* _RECORDS TO PROCESS_:
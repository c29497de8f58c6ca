-- ===== src/Store/Valid/Submits.antt =====
-- `submit`, `submit_full_scan`, `promote` and `publish_provider` keep the schema.
use remy_cc.Prelude.{
  text_eq, ℕ, Bool, true, false, ◌&&◌, ◌≡◌, refl, Option, none, some, [], ◌∷◌, ◌++◌, Memᴰ, arith,
  Text, text_eq_iff, find_if, find_if-none, mem-find_if, find_if-some, update_if, ==_refl,
}
use remy_cc.Host.{Host, Reading}
use remy_cc.Job.{
  job_type_eq_refl, JobPriority, JobType, incremental_scan, full_scan, JobRow, ProjectRow, pending,
}
use remy_cc.Store.Monad.{Store, M, has_id, has_project_id, next_job_id, ◌>>=◌, return, insert_job}
use remy_cc.Store.Monad.Steps.{query_job-bind, insert_job-bind, update_jobs-then}
use remy_cc.Store.Load.{load_job}
use remy_cc.Store.Submit.{
  SubmitJob, SubmitResult, is_type, is_status, pending_row, absorbed_row, raise_priority,
  incremental_key, is_pending_of, enqueue, absorb_or_enqueue, submit_normalized, submit,
}
use remy_cc.Store.Valid.{checks, provider_ok, Valid}
use remy_cc.Store.Valid.Insert.{insert-Valid}
use remy_cc.Store.Valid.Calm.{IsCalm, calm-Valid}
use remy_cc.Store.Valid.Projects.{upsert_project-ok, upsert_project-Valid}
use remy_cc.Store.Valid.Rules.{
  Leaves, bind-keeps, lift-keeps, transaction-keeps, load-keeps, return-keeps,
}

pub raise_priority-IsCalm : (p : JobPriority) → IsCalm (raise_priority p)
raise_priority-IsCalm p = record {
  keys = record { keeps = λ r. (refl, (refl, refl, refl)) };
  status = λ r. refl;
  successor = λ r. refl;
}

-- The checks of a row do not read its priority.
pub raise_priority-Valid :
    (s : Store)
    → Valid s
    → (q : JobRow → Bool) (p : JobPriority)
    → Valid (record s { jobs = update_if q (raise_priority p) s.jobs })
unfolding checks
raise_priority-Valid s v q p =
    calm-Valid s q (raise_priority p) (raise_priority-IsCalm p) v (λ r m h c. c)

-- Registered: the table `projects` has the id.
abbrev pub HasProject : Store → ℕ → Type 0
HasProject s i = (p : ProjectRow) × (find_if (has_project_id i) s.projects ≡ some p)

module _ (s : Store) (v : Valid s) (project_id : ℕ) (registered : HasProject s project_id) where
  -- A fresh pending job may join where no pending job has its key.
  pub pending_row-Valid :
      (t : JobType) (db file : Text) (p : JobPriority) (now : ℕ) (key : Text)
      → ((y : JobRow) → Memᴰ y s.jobs → is_pending_of project_id t key y ≡ false)
      → Valid (record s {
        jobs = s.jobs ++ pending_row project_id t db file p now key (next_job_id s.jobs) ∷ [];
      })
  unfolding checks provider_ok text_eq
  pending_row-Valid t db file p now key free =
      insert-Valid s (pending_row project_id t db file p now key (next_job_id s.jobs)) v (record {
        new_id = refl;
        checked = refl;
        idle = λ e. cc;
        alone = λ _ y m waiting same.
            let (k0, k1, k2) = same in
            ground (arith, free y m, text_eq_iff y.dedupe_key key, job_type_eq_refl t);
        project = registered;
        successor = λ i e. cc;
      })

  -- An incremental job absorbed by a full scan that is there.
  absorbed_row-Valid :
      (db file : Text) (p : JobPriority) (now : ℕ) (key : Text) (full : JobRow)
      → Memᴰ full s.jobs
      → Valid (record s {
        jobs =
            s.jobs ++ absorbed_row project_id db file p now key full.id (next_job_id s.jobs) ∷ [];
      })
  unfolding checks provider_ok text_eq
  absorbed_row-Valid db file p now key full m =
      insert-Valid s (absorbed_row project_id db file p now key full.id (next_job_id s.jobs)) v
        (record {
          new_id = refl;
          checked = refl;
          idle = λ e. cc;
          alone = λ waiting. cc;
          project = registered;
          successor = λ i e. (full, m, cc);
        })

-- The tail of a submission that inserts a row.
module _ (host : Host) where
  abbrev pub inserted : (ℕ → JobRow) → Bool → M (SubmitResult host)
  inserted row created = do
    id ← insert_job row
    job ← load_job host id
    return (record { job = job; created = created })

module _ (host : Host) (project_id : ℕ) (db file : Text) (p : JobPriority) (now : ℕ) where
  -- The insertion of `row`, and the load of its id.
  insert-keeps :
      (s : Store) (row : ℕ → JobRow) (created : Bool)
      → Valid (record s { jobs = s.jobs ++ row (next_job_id s.jobs) ∷ [] })
      → Valid (inserted host row created s).1
  insert-keeps s row created v =
      rw insert_job-bind
        (load-keeps Valid host _ _ _ v (λ job r f h. return-keeps Valid _ _ v)).left

  enqueue-Valid :
      (s : Store)
      → Valid s
      → HasProject s project_id
      → (existing : Option JobRow)
      → find_if (is_pending_of project_id incremental_scan (incremental_key file)) s.jobs ≡ existing
      → Valid (enqueue host project_id db file p now existing s).1
  unfolding enqueue
  enqueue-Valid s v registered (some r) e =
      let v' = raise_priority-Valid s v (has_id r.id) p in
      rw update_jobs-then
        (load-keeps Valid host r.id _ _ v' (λ job r f h. return-keeps Valid _ _ v')).left
  enqueue-Valid s v registered none e = insert-keeps s _ true (
      pending_row-Valid s v project_id registered incremental_scan db file p now
        (incremental_key file) (find_if-none _ s.jobs e))

  absorb_or_enqueue-Valid :
      (s : Store)
      → Valid s
      → HasProject s project_id
      → (full : Option JobRow)
      → find_if (λ r. is_type project_id full_scan r && is_status pending r) s.jobs ≡ full
      → Valid (absorb_or_enqueue host project_id db file p now full s).1
  unfolding absorb_or_enqueue
  absorb_or_enqueue-Valid s v registered none e =
      rw query_job-bind (enqueue-Valid s v registered _ refl)
  absorb_or_enqueue-Valid s v registered (some full) e = insert-keeps s _ true (
      absorbed_row-Valid s v project_id registered db file p now (incremental_key file) full
        (mem-find_if _ s.jobs e).0)

module _ (host : Host) (clock : Reading) (s : Store) (v : Valid s) where
  submit_normalized-Leaves :
      (project db file : Text) (p : JobPriority) (now : ℕ)
      → Leaves Valid (submit_normalized host project db file p now) s
  unfolding submit_normalized
  submit_normalized-Leaves project db file p now =
      let v' = upsert_project-Valid project project db now s v in
      transaction-keeps Valid _ s v (
        bind-keeps Valid _ _ s v' (λ i e.
          let (p', found, id) = (upsert_project-ok project project db now s e).0 in
          let (m, _) = mem-find_if _ _ found in
          let registered = find_if-some (has_project_id i) _ m (rw id (==_refl i)) in
          record {
            left =
                rw query_job-bind
                  (absorb_or_enqueue-Valid host i db file p now _ v' registered _ refl);
          }))

  -- `submit` keeps the schema, on every branch.
  pub submit-Valid : (request : SubmitJob) → Valid (submit host clock request s).1
  unfolding submit
  submit-Valid request =
      (lift-keeps Valid _ _ s v (λ project _. lift-keeps Valid _ _ s v (λ db _.
        lift-keeps Valid _ _ s v (λ file _.
          lift-keeps Valid _ _ s v
            (λ now _. submit_normalized-Leaves project db file request.priority now))))).left
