-- ===== src/Store/Valid/FullScans.antt =====
-- `submit_full_scan`, `promote` and `publish_provider` keep the schema.
use remy_cc.Prelude.{
  ℕ, Bool, true, ◌||◌, ◌&&◌, ◌≡◌, refl, Option, none, some, inl, inr, [], ◌∷◌, ◌++◌, Memᴰ, arith,
  Text, codes, find_if, find_if-none, mem-append_last, update_if, text_eq, text_eq_iff, Bool-cases,
  sym, subst,
}
use remy_cc.Host.{Host, Reading}
use remy_cc.Job.{
  JobPriority, background, incremental_scan, full_scan, JobRow, ProjectRow, PublishedProvider,
  pending,
}
use remy_cc.Store.Monad.{Store, has_project_id, next_job_id}
use remy_cc.Store.Monad.Steps.{
  query_project-bind, query_job-bind, insert_job-bind, update_jobs-then, update_jobs-bind,
}
use remy_cc.Store.Transition.{set_superseded}
use remy_cc.Store.Submit.{
  is_type, is_status, is_executing, pending_row, full_scan_dedupe_key, start_full_scan,
  full_scan_of, submit_full_scan, promote, publish_provider, provider_rust,
}
use remy_cc.Store.Valid.{checks, published_ok, provider_ok, Valid}
use remy_cc.Store.Valid.Update.{update-Valid}
use remy_cc.Store.Valid.Submits.{HasProject, pending_row-Valid, raise_priority-Valid}
use remy_cc.Store.Valid.Rules.{lift-keeps, transaction-keeps, load-keeps, return-keeps, throw-keeps}

-- The pending incremental jobs of a project.
abbrev pub is_absorbed : ℕ → JobRow → Bool
is_absorbed project_id r = is_type project_id incremental_scan r && is_status pending r

-- Pending jobs become superseded by a job that is there, all in one statement.
supersede_all-Valid :
    (s : Store)
    → Valid s
    → (project_id now : ℕ) (t : JobRow) → Memᴰ t s.jobs
    → Valid (record s {
      jobs = update_if (is_absorbed project_id) (set_superseded now (some t.id)) s.jobs;
    })
unfolding checks
supersede_all-Valid s v project_id now t m =
    update-Valid s (is_absorbed project_id) (set_superseded now (some t.id))
      (record { keeps = λ r. (refl, (refl, refl, refl)) }) v
      (record {
        checked = λ r mr h. ground (arith, v.checked r mr);
        one_pending = λ x y mx my h e. cc;
        one_executing = λ x y mx my h e. cc;
        successor = λ r i mr h e. (t, m, cc);
      })

-- The guard on the provider is what the check on the column asks for.
pub provider_ok-guard :
    (provider : Text) → text_eq provider provider_rust ≡ true → provider_ok provider ≡ true
unfolding provider_ok text_eq
provider_ok-guard provider t =
    subst (λ z. provider_ok z ≡ true) (sym ((text_eq_iff provider provider_rust).0 t)) refl

module _ (host : Host) (project_id now : ℕ) where
  start_full_scan-Valid :
      (s : Store)
      → Valid s
      → HasProject s project_id
      → (db : Text) (existing : Option JobRow)
      → find_if
          (λ r. is_type project_id full_scan r && (is_status pending r || is_executing r))
          s.jobs
        ≡ existing
      → Valid (start_full_scan host project_id db now existing s).1
  unfolding start_full_scan
  start_full_scan-Valid s v registered db (some r) e =
      (load-keeps Valid host r.id _ s v (λ job r f h. return-keeps Valid _ _ v)).left
  start_full_scan-Valid s v registered db none e =
      let row =
        pending_row project_id full_scan db (codes ".") background now full_scan_dedupe_key
          (next_job_id s.jobs) in
      let free = λ (y : JobRow) (m : Memᴰ y s.jobs). find_if-none _ s.jobs e y m in
      let v1 =
        pending_row-Valid s v project_id registered full_scan db (codes ".") background now
          full_scan_dedupe_key (λ y m. ground (arith, free y m)) in
      let v2 =
        supersede_all-Valid (record s { jobs = s.jobs ++ row ∷ [] }) v1 project_id now row
          (mem-append_last s.jobs) in
      rw insert_job-bind (
        rw update_jobs-then
          (load-keeps Valid host _ _ _ v2 (λ job r f h. return-keeps Valid _ _ v2)).left)

  full_scan_of-Valid :
      (s : Store)
      → Valid s
      → (q : Option ProjectRow) → find_if (has_project_id project_id) s.projects ≡ q
      → Valid (full_scan_of host project_id now q s).1
  unfolding full_scan_of
  full_scan_of-Valid s v none e = (throw-keeps Valid _ s v).left
  full_scan_of-Valid s v (some p) e =
      rw query_job-bind (start_full_scan-Valid s v (p, e) p.db_path _ refl)

module _ (host : Host) (s : Store) (v : Valid s) where
  -- `submit_full_scan` keeps the schema, on every branch.
  pub submit_full_scan-Valid :
      (clock : Reading) (project_id : ℕ) → Valid (submit_full_scan host clock project_id s).1
  unfolding submit_full_scan
  submit_full_scan-Valid clock project_id =
      (lift-keeps Valid _ _ s v (λ now _. transaction-keeps Valid _ s v (record {
        left = rw query_project-bind (full_scan_of-Valid host project_id now s v _ refl);
      }))).left

  -- `promote` keeps the schema, on every branch.
  pub promote-Valid : (job_id : ℕ) (p : JobPriority) → Valid (promote host job_id p s).1
  unfolding promote
  promote-Valid job_id p =
      let v' = raise_priority-Valid s v _ p in
      rw update_jobs-bind
        (load-keeps Valid host job_id _ _ v' (λ job r f h. return-keeps Valid _ _ v')).left

  published-Valid :
      (q : Option PublishedProvider) → published_ok q ≡ true → Valid (record s { published = q })
  published-Valid q allowed = record {
    checked = v.checked;
    job_ids = v.job_ids;
    one_pending = v.one_pending;
    one_executing = v.one_executing;
    job_project = v.job_project;
    successor = v.successor;
    project_ids = v.project_ids;
    project_keys = v.project_keys;
    project_times = v.project_times;
    published_checked = allowed;
  }

  -- `publish_provider` writes another table.
  pub publish_provider-Valid :
      (clock : Reading) (provider version summary : Text)
      → Valid (publish_provider clock provider version summary s).1
  unfolding publish_provider
  publish_provider-Valid clock provider version summary =
      elim (Bool-cases (text_eq provider provider_rust)) [
        | inl t ↦
            rw t
              (lift-keeps Valid _ _ s v
                (λ now _. record { left = published-Valid _ (provider_ok-guard provider t) })).left
        | inr t ↦ rw t (throw-keeps Valid _ s v).left
      ]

* _EXERCISE DESCRIPTION_: Which lines above include "some"? Show each of them by copying it.

* _RESPONSE_:
  text_eq, ℕ, Bool, true, false, ◌&&◌, ◌≡◌, refl, Option, none, some, [], ◌∷◌, ◌++◌, Memᴰ, arith,
  Text, text_eq_iff, find_if, find_if-none, mem-find_if, find_if-some, update_if, ==_refl,
HasProject s i = (p : ProjectRow) × (find_if (has_project_id i) s.projects ≡ some p)
  enqueue-Valid s v registered (some r) e =
  absorb_or_enqueue-Valid s v registered (some full) e = insert-keeps s _ true (
          let registered = find_if-some (has_project_id i) _ m (rw id (==_refl i)) in
  ℕ, Bool, true, ◌||◌, ◌&&◌, ◌≡◌, refl, Option, none, some, inl, inr, [], ◌∷◌, ◌++◌, Memᴰ, arith,
      jobs = update_if (is_absorbed project_id) (set_superseded now (some t.id)) s.jobs;
    update-Valid s (is_absorbed project_id) (set_superseded now (some t.id))
  start_full_scan-Valid s v registered db (some r) e =
  full_scan_of-Valid s v (some p) e =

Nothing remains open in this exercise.